Wiener chaos expansion for stochastic Maxwell equations driven by Wiener process

TL;DR

This paper introduces a Wiener chaos expansion-based algorithm for stochastic Maxwell equations driven by Wiener process, significantly improving computational efficiency and accuracy over traditional Monte Carlo methods by directly solving solution statistics.

Contribution

It presents a novel Wiener chaos expansion algorithm that reduces stochastic Maxwell equations to deterministic form, enhancing efficiency and inheriting multi-symplecticity.

Findings

Algorithm outperforms Monte Carlo in efficiency and accuracy

Numerical experiments confirm the effectiveness of the Wiener chaos expansion

Method preserves multi-symplectic structure of the equations

Abstract

A novel and efficient algorithm based on the Wiener chaos expansion is proposed for the stochastic Maxwell equations driven by Wiener process. The proposed algorithm can reduce the original stochastic system to the deterministic case and separate the randomness in the computation.

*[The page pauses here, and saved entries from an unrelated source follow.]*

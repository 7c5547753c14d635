-- ===== src/Kernel/Heap/Overlap.antt =====
-- No byte of a heap belongs to two blocks.
use mathlib.Core.Option.{some-injective}
use Prim.Native.Nat.{bit_and}
use xblob_emulator.Kernel.Heap.{
  FreeBlock, GuestHeap, reset, find_active, put_active, erase_active, align_up, Taken, take_blocks,
  allocate, allocate_aligned, insert_block, free, re_allocate,
}
use xblob_emulator.Kernel.Heap.Cover.{
  cover_free, cover_active, IsBounded, IsBoundedEntry, cover_active-put_active,
  cover_active-erase_active, cover_free-insert_block, insert_block-IsBounded, cover_free-coalesce,
}
use xblob_emulator.Kernel.Heap.AlignedFit.{aligned_fit-IsTaken}
use xblob_emulator.Kernel.Heap.Fit.{IsTaken, first_fit-IsTaken}
use xblob_emulator.Common.{Result-cases}
use xblob_emulator.Prelude.{
  ℕ, ◌+◌, ◌-◌, ◌≤◌, ◌<◌, max, ◌≡◌, inl, inr, not, ◌||◌, Option, none, some, List, [], ◌∷◌, arith,
  ltb, leb, ◌==◌, Bool-cases, Option-cases, All, u32_mod, u64_mod, add64,
}

-- Free and active blocks are apart and end within the address space, the alignment is not 0, and the
-- heap lies in the address space.
pub record IsApart (h : GuestHeap) : Type 0 where
  pub apart : (x : ℕ) → cover_free x h.free_blocks + cover_active x h.active_allocations ≤ 1
  pub free_bounded : All IsBounded h.free_blocks
  pub active_bounded : All IsBoundedEntry h.active_allocations
  pub aligned : 0 < h.alignment
  pub fits : h.base_addr + h.total_size ≤ u32_mod

put_active-IsBounded :
    (addr size : ℕ) (ms : List (ℕ × ℕ))
    → addr + size ≤ u32_mod
    → All IsBoundedEntry ms
    → All IsBoundedEntry (put_active addr size ms)
unfolding put_active
put_active-IsBounded addr size [] hb h = (hb, tt)
put_active-IsBounded addr size ((key, old) ∷ ms) hb h = elim (Bool-cases (key == addr)) [
  | inl e ↦ rw (e, put_active) (hb, h.1)
  | inr e ↦ elim (Bool-cases (ltb addr key)) [
    | inl l ↦ rw (e, l, put_active) (hb, h)
    | inr l ↦ rw (e, l, put_active) (h.0, put_active-IsBounded addr size ms hb h.1)
  ]
]

erase_active-IsBounded :
    (addr : ℕ) (ms : List (ℕ × ℕ))
    → All IsBoundedEntry ms
    → All IsBoundedEntry (erase_active addr ms)
unfolding erase_active
erase_active-IsBounded addr [] h = tt
erase_active-IsBounded addr ((key, old) ∷ ms) h = elim (Bool-cases (key == addr)) [
  | inl e ↦ rw (e, erase_active) h.1
  | inr e ↦ rw (e, erase_active) (h.0, erase_active-IsBounded addr ms h.1)
]

found-IsBounded :
    (addr size : ℕ) (ms : List (ℕ × ℕ))
    → All IsBoundedEntry ms
    → find_active addr ms ≡ some size
    → addr + size ≤ u32_mod
unfolding find_active
found-IsBounded addr size [] h e = cc
found-IsBounded addr size ((key, old) ∷ ms) h e = elim (Bool-cases (key == addr)) [
  | inl k ↦
      let same : key ≡ addr = ground arith in
      let is : old ≡ size = some-injective old size (rw k at e) in
      let b = h.0 in omega (arith, same, is)
  | inr k ↦ found-IsBounded addr size ms h.1 (rw k at e)
]

taken-IsApart :
    (h : GuestHeap) (n : ℕ) (r : Option Taken)
    → IsApart h
    → IsTaken h.free_blocks n r
    → IsApart (take_blocks h r).0
unfolding take_blocks
taken-IsApart h n none v k = v
taken-IsApart h n (some t) v k = record {
  apart = λ x.
      let all = v.apart x in
      let kept = k.3 x in
      let put = cover_active-put_active x t.addr t.size h.active_allocations in
      omega (arith, all, kept, put);
  free_bounded = k.0;
  active_bounded = put_active-IsBounded t.addr t.size h.active_allocations k.1 v.active_bounded;
  aligned = v.aligned;
  fits = v.fits;
}

pub allocate-IsApart :
    (h : GuestHeap) (size_bytes : ℕ) → IsApart h → IsApart (allocate h size_bytes).0
unfolding allocate
allocate-IsApart h size_bytes v = elim (Bool-cases (size_bytes == 0)) [
  | inl e ↦ rw (e, allocate) v
  | inr e ↦
      let n = align_up size_bytes h.alignment in
      rw (e, allocate)
        (taken-IsApart h n _ v
          (first_fit-IsTaken h.alignment n h.free_blocks v.aligned v.free_bounded))
]

pub free-IsApart : (h : GuestHeap) (addr : ℕ) → IsApart h → IsApart (free h addr).0
unfolding free
free-IsApart h addr v =
    elim (Bool-cases (ltb addr h.base_addr || leb (add64 h.base_addr h.total_size) addr)) [
      | inl e ↦ rw (e, free) v
      | inr e ↦ elim (Option-cases (find_active addr h.active_allocations)) [
        | inl f ↦ rw (e, f, free) v
        | inr (size, f) ↦
            let b : FreeBlock = record { addr = addr; size = size } in
            let bounded = found-IsBounded addr size h.active_allocations v.active_bounded f in
            let inserted = insert_block-IsBounded b h.free_blocks bounded v.free_bounded in
            rw (e, f, free)
              (record {
                apart = λ x.
                    let all = v.apart x in
                    let merged =
                      (cover_free-coalesce x (insert_block b h.free_blocks) inserted).0 in
                    let put = cover_free-insert_block x b h.free_blocks in
                    let gone = cover_active-erase_active x addr size h.active_allocations f in
                    omega (arith, all, merged, put, gone);
                free_bounded = (cover_free-coalesce 0 (insert_block b h.free_blocks) inserted).1;
                active_bounded = erase_active-IsBounded addr h.active_allocations v.active_bounded;
                aligned = v.aligned;
                fits = v.fits;
              })
      ]
    ]

pub re_allocate-IsApart :
    (h : GuestHeap) (addr new_size : ℕ) → IsApart h → IsApart (re_allocate h addr new_size).0.0
unfolding re_allocate
re_allocate-IsApart h addr new_size v =
    elim (Option-cases (find_active addr h.active_allocations)) [
      | inl f ↦ rw (f, re_allocate) v
      | inr (old, f) ↦ elim (Bool-cases (new_size == 0)) [
        | inl z ↦ rw (f, z, re_allocate) (free-IsApart h addr v)
        | inr z ↦ elim (Result-cases (allocate h new_size).1) [
          | inl (a, r) ↦
              rw (f, z, r, re_allocate)
                (free-IsApart (allocate h new_size).0 addr (allocate-IsApart h new_size v))
          | inr (e, r) ↦ rw (f, z, r, re_allocate) (allocate-IsApart h new_size v)
        ]
      ]
    ]

-- The size that `AllocateAligned` looks for leaves room for the padding in 64 bits.
abbrev pub HasRoom : GuestHeap → ℕ → ℕ → Type 0
HasRoom h size_bytes alignment = align_up size_bytes (max h.alignment alignment) + u32_mod ≤ u64_mod

pub allocate_aligned-IsApart :
    (h : GuestHeap) (size_bytes alignment : ℕ)
    → HasRoom h size_bytes alignment
    → IsApart h
    → IsApart (allocate_aligned h size_bytes alignment).0
unfolding allocate_aligned
allocate_aligned-IsApart h size_bytes alignment room v = elim (Bool-cases (size_bytes == 0)) [
  | inl e ↦ rw (e, allocate_aligned) v
  | inr e ↦ elim (Bool-cases (ltb alignment 4 || not (bit_and alignment (alignment - 1) == 0))) [
    | inl p ↦ rw (e, p, allocate_aligned) v
    | inr p ↦
        let align = max h.alignment alignment in
        let n = align_up size_bytes align in
        rw (e, p, allocate_aligned)
          (taken-IsApart h n _ v
            (aligned_fit-IsTaken h.alignment align n h.free_blocks v.aligned room v.free_bounded))
  ]
]

pub reset-IsApart :
    (h : GuestHeap) → 0 < h.alignment → h.base_addr + h.total_size ≤ u32_mod → IsApart (reset h)
unfolding reset cover_free cover_active
reset-IsApart h pos f = elim (Bool-cases (ltb 0 h.total_size)) [
  | inl e ↦
      rw (e, reset)
        (record {
          apart = λ x. ground arith;
          free_bounded = (f, tt);
          active_bounded = tt;
          aligned = pos;
          fits = f;
        })
  | inr e ↦
      rw (e, reset)
        (record {
          apart = λ x. omega arith;
          free_bounded = tt;
          active_bounded = tt;
          aligned = pos;
          fits = f;
        })
]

Therefore, it can yield a significant improvement of efficiency and lead to less computational errors compared to the Monte Carlo method, since the statistics of the solution can be solved directly without repeating over many realizations. In particular, the proposed algorithm could inherit the multi-symplecticity. Numerical experiments are dedicated to performing the efficiency and accuracy of the Wiener chaos expansion algorithm.